What to say to older children and teenagers

Children aged 8 and over can usually understand more of the medical reality and should be given it honestly: what stage the cancer is, what treatment will involve, what side effects to expect. Teenagers in particular often respond better when treated as near-adults — being given information, consulted about practical changes to family life, and given a role rather than being sidelined. The role might be small: making dinner on treatment days, keeping Mum company during recovery.

Teenagers also need space to be angry or frightened without feeling they have to perform stoicism for a parent's benefit. A brief acknowledgement that their reaction — whatever it is — is normal and valid goes a long way.

The conversation itself

Choose a quiet moment at home — not at bedtime, not in the car, not when either of you is rushed. Sit close. Let silence happen. Have the words 'breast cancer' ready and say them clearly, even if it is hard. Expect the unexpected: some children ask very practical questions (Will you lose your hair? Will you die?). Some go quiet. Some cry. Some say 'OK' and ask to go back to their tablet. All of these responses are normal.

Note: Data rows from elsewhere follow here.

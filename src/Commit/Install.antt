-- ===== src/Commit/Install.antt =====
-- `install_inner` of src/edit/commit.rs.
use libopod.Base.{ℕ, suc, Bool, true, ◌&&◌, Option, none, some, List, [], ◌∷◌}
use libopod.Base.Tests.{◌==◌, if◌then◌else◌}
use libopod.Base.Lists.{length}
use libopod.Commit.State.{
  File, Fingerprint, Output, Staging, Slot, World, backing_up, installing, validating, committed,
  is_none, fingerprint_matches,
}
use libopod.Commit.Effects.{Action, ◌>>◌, return, change, check}
use libopod.Commit.Replace.{
  update_slot, with_temporary, publish, write_installation_temporary, install_replacement,
  remove_transaction_directory,
}
use libopod.Commit.Manifest.{
  Original, present, absent, incomplete, original_state, write_journal, fail, verify_unchanged,
}

-- the file is created, filled, and moved to its target
unfoldable pub install_file_impl : ℕ → File → Action (Unit {0})
unfolding write_installation_temporary
install_file_impl index source = do
  change (update_slot index (with_temporary none))
  write_installation_temporary index source
  change (update_slot index publish)

unfoldable pub remove_deletions : List ℕ → Action (Unit {0})
remove_deletions [] = return tt
remove_deletions (d ∷ ds) = do
  change λ w. record w { media = λ i. if i == d then none else w.media i }
  remove_deletions ds

abbrev pub deletions_absent : List ℕ → World → Bool
deletions_absent [] w = true
deletions_absent (d ∷ ds) w = is_none (w.media d) && deletions_absent ds w

module _ (sha256 : File → List ℕ) where
  -- one output of the loop before the installation: the host's snapshot, and the backup's path
  unfoldable pub prepare_output : (ℕ → Option File) → ℕ → Original → Action (Unit {0})
  prepare_output host_original index (present fingerprint) = do
    check λ w. fingerprint_matches sha256 (host_original index) fingerprint
    check λ w. is_none (w.slots index).backup
  prepare_output host_original index absent = check λ w. is_none (w.slots index).live
  prepare_output host_original index incomplete = fail

  unfoldable pub prepare_outputs : (ℕ → Option File) → ℕ → List Output → Action (Unit {0})
  unfolding prepare_output
  prepare_outputs host_original index [] = return tt
  prepare_outputs host_original index (o ∷ os) = do
    prepare_output host_original index (original_state o)
    prepare_outputs host_original (suc index) os

  -- the files of one output
  unfoldable pub install_files : (ℕ → File) → ℕ → Fingerprint → Original → Action (Unit {0})
  unfolding install_replacement install_file_impl
  install_files staged index output (present fingerprint) =
      install_replacement sha256 index (staged index) output fingerprint
  install_files staged index output absent = install_file_impl index (staged index)
  install_files staged index output incomplete = install_file_impl index (staged index)

  -- one output: its intent is in the journal before its files change
  unfoldable pub install_output : (ℕ → File) → Staging → ℕ → Output → Action (Unit {0})
  unfolding write_journal install_files
  install_output staged staging index o = do
    check λ w. fingerprint_matches sha256 (some (staged index)) o.output
    write_journal (record { phase = installing; installed = suc index; staging = staging })
    install_files staged index o.output (original_state o)

  unfoldable pub install_outputs : (ℕ → File) → Staging → ℕ → List Output → Action (Unit {0})
  unfolding install_output
  install_outputs staged staging index [] = return tt
  install_outputs staged staging index (o ∷ os) = do
    install_output staged staging index o
    install_outputs staged staging (suc index) os

  unfoldable pub outputs_verify : ℕ → List Output → (ℕ → Slot) → Bool
  outputs_verify index [] slots = true
  outputs_verify index (o ∷ os) slots =
      fingerprint_matches sha256 (slots index).live o.output && outputs_verify (suc index) os slots

  module _ (staged : ℕ → File) (host_original : ℕ → Option File) (read_back : World → Bool) where
    unfoldable pub install_inner : Staging → Action (Unit {0})
    unfolding write_journal prepare_outputs install_outputs remove_deletions
        remove_transaction_directory
    install_inner staging = do
      write_journal (record { phase = backing_up; installed = 0; staging = staging })
      prepare_outputs host_original 0 staging.outputs
      check (verify_unchanged sha256 staging)
      write_journal (record { phase = installing; installed = 0; staging = staging })
      install_outputs staged staging 0 staging.outputs
      remove_deletions staging.deletions
      write_journal
          (record { phase = validating; installed = length staging.outputs; staging = staging })
      check λ w. outputs_verify 0 staging.outputs w.slots
      check (deletions_absent staging.deletions)
      check read_back
      write_journal
          (record { phase = committed; installed = length staging.outputs; staging = staging })
      remove_transaction_directory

Follow the child's lead on how much they want to know in that first conversation. There will be more conversations. This is not one talk but an ongoing dialogue that continues through treatment and beyond.

After the conversation

Tell the child's school or nursery. Teachers can watch for changes in behaviour — withdrawal, aggression, difficulty concentrating — that may not be visible at home. Many schools have pastoral staff trained to support children with a seriously ill parent. You do not have to manage this alone, and neither does your child.